Good morning, everyone, from the inky black of Palo Alto’s pre-dawn. I’m relieved to see so much green on the screen, not that I’m long anything (except for Rivian) but because I’m so light. I was rather troubled last night when I saw the market plunging again and figured I’d be kicking myself for selling off 70% of my DIA puts already, just as one example.
I will say, though, that looking at the volatility chart for 2026, it seems we’re in an environment of higher highs and higher lows, not the end of the dynamism.

The /NQ is up about half a percent (although “triple digits” is also accurate and sounds more exciting). That red line of resistance is key.

The /RTY has a different line to grapple with, which goes back for eleven months instead of just a few days. That is to say, this is the Liberation Day trendline, and it is having magnetic power of prices.

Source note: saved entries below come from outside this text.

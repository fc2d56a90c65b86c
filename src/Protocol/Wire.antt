-- ===== src/Protocol/Wire.antt =====
-- crates/edison-tunnel-protocol/src/lib.rs: `to_json` and `from_json`, as the attributes of the types
-- define them. The fields of an object have distinct names; their order does not matter.
use stdiod.Base.{
  ℕ, String, Bool, Option, none, some, List, [], ◌∷◌, Result, ok, err, or_fail, ◌>>=◌,
  if◌then◌else◌, ltb, ◌==◌,
}
use stdiod.Protocol.{
  Os, macos, linux, windows, Json, null, boolean, natural, text, array, object, Items, nil, cons,
  Fields, end, field, EnvMap, DesiredServer, TunnelFrame, client_hello, server_hello,
  desired_state_update, mcp_frame, tunnel_error, server_env_update, server_spec_update,
  server_spawn_result, ping, pong,
}

pub data JsonError : Type 0 where
  missing_field unknown_variant : String → JsonError
  invalid_type : JsonError

-- The JSON of the parts.
unfoldable pub text_items : List String → Items
text_items [] = nil
text_items (s ∷ more) = cons (text s) (text_items more)

unfoldable pub env_fields : EnvMap → Fields
env_fields [] = end
env_fields ((key, value) ∷ more) = field key (text value) (env_fields more)

unfoldable pub text_or_null : Option String → Json
text_or_null none = null
text_or_null (some s) = text s

unfoldable pub value_or_null : Option Json → Json
value_or_null none = null
value_or_null (some j) = j

-- `skip_serializing_if = "Option::is_none"`
unfoldable pub unless_none : String → Option EnvMap → Fields → Fields
unless_none key none rest = rest
unless_none key (some m) rest = field key (object (env_fields m)) rest

unfoldable pub os_name : Os → String
os_name macos = "macos"
os_name linux = "linux"
os_name windows = "windows"

unfoldable pub server_json : DesiredServer → Json
server_json s = object (
    field "server_id" (text s.server_id) (
      field "name" (text s.name) (
        field "command" (text s.command) (
          field "args" (array (text_items s.args)) (
            field "env" (object (env_fields s.env)) (
              field "working_dir" (text_or_null s.working_dir)
                (field "enabled" (boolean s.enabled) end)))))))

unfoldable pub server_items : List DesiredServer → Items
server_items [] = nil
server_items (s ∷ more) = cons (server_json s) (server_items more)

-- `#[serde(tag = "type")]`
abbrev pub tagged : String → Fields → Json
tagged name fields = object (field "type" (text name) fields)

unfoldable pub to_json : TunnelFrame → Json
to_json (client_hello h) = tagged "client_hello" (
    field "protocol_version" (natural h.version) (
      field "device_id" (text h.device_id) (
        field "hostname" (text h.hostname) (
          field "label" (text h.label) (
            field "os" (text (os_name h.os)) (
              field "client_version" (text h.client_version)
                (field "currently_running" (array (text_items h.currently_running)) end)))))))
to_json (server_hello h) = tagged "server_hello" (
    field "protocol_version" (natural h.version)
      (field "servers" (array (server_items h.servers)) end))
to_json (desired_state_update u) = tagged "desired_state_update" (
    field "added" (array (server_items u.added)) (
      field "updated" (array (server_items u.updated))
        (field "removed" (array (text_items u.removed)) end)))
to_json (mcp_frame f) =
    tagged "mcp_frame" (field "server_id" (text f.server_id) (field "frame" f.frame end))
to_json (tunnel_error e) = tagged "tunnel_error" (
    field "server_id" (text_or_null e.server_id) (
      field "related_jsonrpc_id" (value_or_null e.related_jsonrpc_id)
        (field "code" (text e.error_code) (field "message" (text e.message) end))))
to_json (server_env_update u) =
    tagged "server_env_update"
      (field "server_id" (text u.server_id) (field "env" (object (env_fields u.env)) end))
to_json (server_spec_update u) = tagged "server_spec_update" (
    field "server_id" (text u.server_id)
      (unless_none "env" u.env (unless_none "templated_args" u.templated_args end)))
to_json (server_spawn_result r) = tagged "server_spawn_result" (
    field "server_id" (text r.server_id)
      (field "ok" (boolean r.success) (field "error" (text_or_null r.error) end)))
to_json ping = tagged "ping" end
to_json pong = tagged "pong" end

-- The value of a field.
unfoldable pub get : String → Fields → Option Json
get key end = none
get key (field name value rest) = if name == key then some value else get key rest

abbrev pub Decoder : Type 0 → Type 0
Decoder A = Json → Result JsonError A

unfoldable pub as_text : Decoder String
as_text (text s) = ok s
as_text j = err invalid_type

unfoldable pub as_boolean : Decoder Bool
as_boolean (boolean b) = ok b
as_boolean j = err invalid_type

-- A `u32`.
unfoldable pub as_u32 : Decoder ℕ
as_u32 (natural n) = if ltb n 4294967296 then ok n else err invalid_type
as_u32 j = err invalid_type

abbrev pub as_value : Decoder Json
as_value j = ok j

-- `Option<T>`
unfoldable pub as_option : {A : Type 0} → Decoder A → Decoder (Option A)
as_option decode null = ok none
as_option decode j = decode j >>= λ a. ok (some a)

unfoldable pub each : {A : Type 0} → Decoder A → Items → Result JsonError (List A)
each decode nil = ok []
each decode (cons j more) = decode j >>= λ a. each decode more >>= λ rest. ok (a ∷ rest)

-- `Vec<T>`
unfoldable pub as_list : {A : Type 0} → Decoder A → Decoder (List A)
as_list decode (array items) = each decode items
as_list decode j = err invalid_type

unfoldable pub each_value : Fields → Result JsonError EnvMap
each_value end = ok []
each_value (field key j more) =
    as_text j >>= λ value. each_value more >>= λ rest. ok ((key, value) ∷ rest)

-- `BTreeMap<String, String>`
unfoldable pub as_env : Decoder EnvMap
as_env (object fields) = each_value fields
as_env j = err invalid_type

unfoldable pub required : {A : Type 0} → String → Decoder A → Fields → Result JsonError A
required key decode fields = or_fail (get key fields) (missing_field key) >>= decode

-- `#[serde(default)]`
unfoldable pub defaulted : {A : Type 0} → A → String → Decoder A → Fields → Result JsonError A
defaulted otherwise key decode fields = elim (get key fields) [
  | none ↦ ok otherwise
  | some j ↦ decode j
]

unfoldable pub as_os : Decoder Os
as_os j = as_text j >>= λ name.
    if name == "macos"
    then ok macos
    else if name == "linux"
    then ok linux
    else if name == "windows"
    then ok windows
    else err (unknown_variant name)

unfoldable pub server_of : Fields → Result JsonError DesiredServer
server_of fields = do
  server_id ← required "server_id" as_text fields
  name ← required "name" as_text fields
  command ← required "command" as_text fields
  args ← defaulted [] "args" (as_list as_text) fields
  env ← defaulted [] "env" as_env fields
  working_dir ← defaulted none "working_dir" (as_option as_text) fields
  enabled ← required "enabled" as_boolean fields
  ok (record {
    server_id = server_id;
    name = name;
    command = command;
    args = args;
    env = env;
    working_dir = working_dir;
    enabled = enabled;
  })

unfoldable pub as_server : Decoder DesiredServer
as_server (object fields) = server_of fields
as_server j = err invalid_type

One of the most substantial patterns happening right now is the trading range of the S&P 500 futures, which has been going on for months. For the first time, we sneaked a little below this level yesterday morning, but that weakness was quickly bought.

Thus, this tremendous top is still in place, but I’ve to say, the odds to me of a much more serious breakdown are looking better than they have in a very long time.

As always, even if you don’t care a single Solano about crypto, keep an eye on Bitcoin. Strength and weakness here is an important harbinger of risk on/off psychology. These days, I look at BTC even before equity futures.

I am coming into the day 88% committed. The giant gorilla in the room is the Iran War (or, sorry, the “kinetic operations“) and what’s going to happen next, which even Yoda doesn’t know.